Required work
Records follow. Select each line holding "arith".

Data extracted from a collection
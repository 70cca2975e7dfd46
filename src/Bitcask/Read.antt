-- ===== src/Bitcask/Read.antt =====
-- bitcask/main.go: what Get returns for a key that the index knows.
use design_pocs.Common.{
  ℕ, ◌+◌, ◌≡◌, ap, ◌∙◌, some, true, arith, Bytes, bytes_key, beq_refl, length, take, drop, lookup,
  read_at, read_at-take, ==_refl,
}
use design_pocs.Bitcask.Checksum.{checksum}
use design_pocs.Bitcask.Record.{
  header_size, encode_entry, length-encode_entry, stored_key_size, stored_value_size, stored_flag,
  stored_checksum-encode_entry, stored_key_size-encode_entry, stored_value_size-encode_entry,
  stored_flag-encode_entry, key-encode_entry, value-encode_entry,
}
use design_pocs.Bitcask.Store.{
  FilePath, KeyDirEntry, BitCask, path_key, reads_well, value, file_of, read_file, check_entry,
  read_entry,
}
use design_pocs.Bitcask.Invariant.{Stored}

read_file-Written :
    (s : BitCask) (path : FilePath) (offset n : ℕ)
    → lookup path s.file_ptrs ≡ some path
    → read_file true path offset n s ≡ read_at (file_of path s.disk) offset n
unfolding read_file
read_file-Written s path offset n e = rw (e, read_file)

check_entry-encode_entry :
    (timestamp : ℕ) (key v : Bytes)
    → check_entry key (length key) 0 (encode_entry timestamp key v 0) ≡ value v
unfolding check_entry
check_entry-encode_entry timestamp key v =
    let buf = encode_entry timestamp key v 0 in
    rw
      (
        stored_checksum-encode_entry timestamp key v 0,
        ==_refl (checksum (drop 4 buf)),
        key-encode_entry timestamp key v 0,
        beq_refl bytes_key key,
      )
      (ap value (value-encode_entry timestamp key v 0))

read_entry-reads :
    (s : BitCask) (key header buf : Bytes) (e : KeyDirEntry)
    → read_file true e.file_path e.file_entry_offset header_size s ≡ some header
    → read_file true e.file_path e.file_entry_offset
        (header_size + stored_key_size header + stored_value_size header)
        s
      ≡ some buf
    → read_entry key e reads_well s
      ≡ check_entry key (stored_key_size header) (stored_flag header) buf
unfolding read_entry
read_entry-reads s key header buf e h b = rw (h, read_entry) (rw b)

module _ (s : BitCask) (key v : Bytes) (e : KeyDirEntry) (st : Stored s key e v) where
  buf : Bytes
  buf = encode_entry st.timestamp key v 0

  read_header :
      read_file true e.file_path e.file_entry_offset header_size s ≡ some (take header_size buf)
  unfolding buf
  read_header =
      read_file-Written s e.file_path e.file_entry_offset header_size st.written.opened
      ∙ read_at-take (file_of e.file_path s.disk) e.file_entry_offset header_size (length buf) buf
          (omega (arith, length-encode_entry st.timestamp key v 0)) st.written.content

  read_whole :
      read_file true e.file_path e.file_entry_offset (header_size + length key + length v) s
      ≡ some buf
  unfolding buf
  read_whole =
      read_file-Written s e.file_path e.file_entry_offset _ st.written.opened
      ∙ rw (length-encode_entry st.timestamp key v 0) at st.written.content

-- A key whose entry is stored is read back, through all the checks of Get.
pub read_entry-Stored :
    (s : BitCask) (key v : Bytes) (e : KeyDirEntry)
    → Stored s key e v
    → read_entry key e reads_well s ≡ value v
unfolding buf
read_entry-Stored s key v e st =
    let b = encode_entry st.timestamp key v 0 in
    let key_size = stored_key_size-encode_entry st.timestamp key v 0 st.key_fits in
    let value_size = stored_value_size-encode_entry st.timestamp key v 0 st.value_fits in
    read_entry-reads s key (take header_size b) b e (read_header s key v e st)
      (rw (key_size, value_size) (read_whole s key v e st))
    ∙ rw (key_size, stored_flag-encode_entry st.timestamp key v 0)
        (check_entry-encode_entry st.timestamp key v)
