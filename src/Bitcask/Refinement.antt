-- ===== src/Bitcask/Refinement.antt =====
-- bitcask/main.go: Put, Delete and Get against a map from keys to values.
use design_pocs.Common.{
  ℕ, ◌^◌, ◌<◌, ◌≡◌, ◌≢◌, ◌⊎◌, inl, inr, sym, ap, ◌∙◌, Bool-cases, Option, Option-cases, none, some,
  [], Bytes, bytes_eq, bytes_key, bytes_eq_iff, length, lookup, insert, remove, lookup-insert,
  lookup-remove, if◌then◌else◌,
}
use design_pocs.Bitcask.Store.{
  FilePath, PutError, BitCask, PutIo, GetIo, reads_well, value, failure, key_not_found, get, put,
  delete,
}
use design_pocs.Bitcask.Kept.{Kept, put_flag-Keeps}
use design_pocs.Bitcask.Written.{PutTo, stopped, stored, put_flag-PutTo}
use design_pocs.Bitcask.Invariant.{Stored, Stored-Kept, Inv, fresh_entry, fresh_entry-Stored}
use design_pocs.Bitcask.Read.{read_entry-Stored}

pub get_unknown :
    (key : Bytes) (io : GetIo) (s : BitCask)
    → lookup key s.key_dir ≡ none
    → get key io s ≡ failure key_not_found
unfolding get
get_unknown key io s e = rw (e, get)

pub get_known :
    (key v : Bytes) (s : BitCask) {e : _}
    → lookup key s.key_dir ≡ some e
    → Stored s key e v
    → get key reads_well s ≡ value v
unfolding get
get_known key v s {e} found st = rw (found, get) (read_entry-Stored s key v e st)

-- A key with the same index entry before and after reads the same.
get_same :
    (j : Bytes) (s t : BitCask)
    → Inv s
    → Kept s t
    → lookup j t.key_dir ≡ lookup j s.key_dir
    → get j reads_well t ≡ get j reads_well s
get_same j s t inv kept same = elim (Option-cases (lookup j s.key_dir)) [
  | inl absent ↦
      get_unknown j reads_well t (same ∙ absent) ∙ sym (get_unknown j reads_well s absent)
  | inr (e, found) ↦
      let (v, st) = inv.indexed j e found in
      get_known j v t (same ∙ found) (Stored-Kept kept st) ∙ sym (get_known j v s found st)
]

-- What a client sees after a put, and after a delete.
abbrev pub AfterPut : Bytes → Bytes → BitCask → BitCask → Type 0
AfterPut key v s t =
    (j : Bytes) → get j reads_well t ≡ (if bytes_eq key j then value v else get j reads_well s)

abbrev pub AfterDelete : Bytes → BitCask → BitCask → Type 0
AfterDelete key s t =
    (j : Bytes)
    → get j reads_well t ≡ (if bytes_eq key j then failure key_not_found else get j reads_well s)

abbrev pub Unseen : BitCask → BitCask → Type 0
Unseen s t = (j : Bytes) → get j reads_well t ≡ get j reads_well s

module _ (key : Bytes) (s t : BitCask) (inv : Inv s) (kept : Kept s t) where
  insert-AfterPut :
      (v : Bytes) (path : FilePath) (offset : ℕ)
      → Stored t key (fresh_entry v path offset) v
      → t.key_dir ≡ insert key (fresh_entry v path offset) s.key_dir
      → AfterPut key v s t
  insert-AfterPut v path offset st dir j =
      let E = fresh_entry v path offset in
      let now_there : lookup j t.key_dir ≡ (if bytes_eq key j then some E else lookup j s.key_dir) =
        ap (lookup j) dir ∙ lookup-insert key j E s.key_dir in
      elim (Bool-cases (bytes_eq key j)) [
        | inl same ↦
            let same_key : key ≡ j = (bytes_eq_iff key j).0 same in
            rw same (get_known j v t {e = E} (now_there ∙ rw same) (rw (← same_key) st))
        | inr other ↦ rw other (get_same j s t inv kept (now_there ∙ rw other))
      ]

  remove-AfterDelete : t.key_dir ≡ remove key s.key_dir → AfterDelete key s t
  remove-AfterDelete dir j =
      let now_there : lookup j t.key_dir ≡ (if bytes_eq key j then none else lookup j s.key_dir) =
        ap (lookup j) dir ∙ lookup-remove key j s.key_dir in
      elim (Bool-cases (bytes_eq key j)) [
        | inl same ↦ rw same (get_unknown j reads_well t (now_there ∙ rw same))
        | inr other ↦ rw other (get_same j s t inv kept (now_there ∙ rw other))
      ]

  key_dir-Unseen : t.key_dir ≡ s.key_dir → Unseen s t
  key_dir-Unseen same j = get_same j s t inv kept (ap (lookup j) same)

put_cases :
    (key v : Bytes) (io : PutIo) (s t : BitCask) {r : Option PutError}
    → length key < 2 ^ 32
    → length v < 2 ^ 32
    → Inv s
    → Kept s t
    → PutTo key v 0 io s t r
    → (Unseen s t × (r ≢ none)) ⊎ AfterPut key v s t
put_cases key v io s t kf vf inv kept (stopped same error) =
    inl (key_dir-Unseen key s t inv kept same, error)
put_cases key v io s t kf vf inv kept (stored path offset dir written) = inr (
    insert-AfterPut key s t inv kept v path offset
      (fresh_entry-Stored key v io t path offset kf vf written) dir)

delete_cases :
    (key : Bytes) (io : PutIo) (s t : BitCask) {r : Option PutError}
    → Inv s
    → Kept s t
    → PutTo key [] 1 io s t r
    → (Unseen s t × (r ≢ none)) ⊎ AfterDelete key s t
delete_cases key io s t inv kept (stopped same error) =
    inl (key_dir-Unseen key s t inv kept same, error)
delete_cases key io s t inv kept (stored path offset dir written) =
    inr (remove-AfterDelete key s t inv kept dir)

-- From a store whose index is right, and with a key and a value shorter than 2 ^ 32 bytes, Put either
-- returns an error and no key reads differently, or the key reads as the new value and every other key as
-- before, whatever the system answers.
pub put_atomic :
    (key v : Bytes) (io : PutIo) (s : BitCask)
    → length key < 2 ^ 32
    → length v < 2 ^ 32
    → Inv s
    → (Unseen s (put key v io s).0 × ((put key v io s).1 ≢ none))
      ⊎ AfterPut key v s (put key v io s).0
put_atomic key v io s kf vf inv =
    put_cases key v io s (put key v io s).0 kf vf inv
      ((put_flag-Keeps key v 0 io).at s inv.handles).0 (put_flag-PutTo key v 0 io s inv.handles)

-- From a store whose index is right, Delete either returns an error and no key reads differently, or the
-- key is not found and every other key reads as before, whatever the system answers.
pub delete_atomic :
    (key : Bytes) (io : PutIo) (s : BitCask)
    → Inv s
    → (Unseen s (delete key io s).0 × ((delete key io s).1 ≢ none))
      ⊎ AfterDelete key s (delete key io s).0
delete_atomic key io s inv =
    delete_cases key io s (delete key io s).0 inv ((put_flag-Keeps key [] 1 io).at s inv.handles).0
      (put_flag-PutTo key [] 1 io s inv.handles)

Finished task
  ℕ, ◌+◌, ◌≡◌, ap, ◌∙◌, some, true, arith, Bytes, bytes_key, beq_refl, length, take, drop, lookup,
          (omega (arith, length-encode_entry st.timestamp key v 0)) st.written.content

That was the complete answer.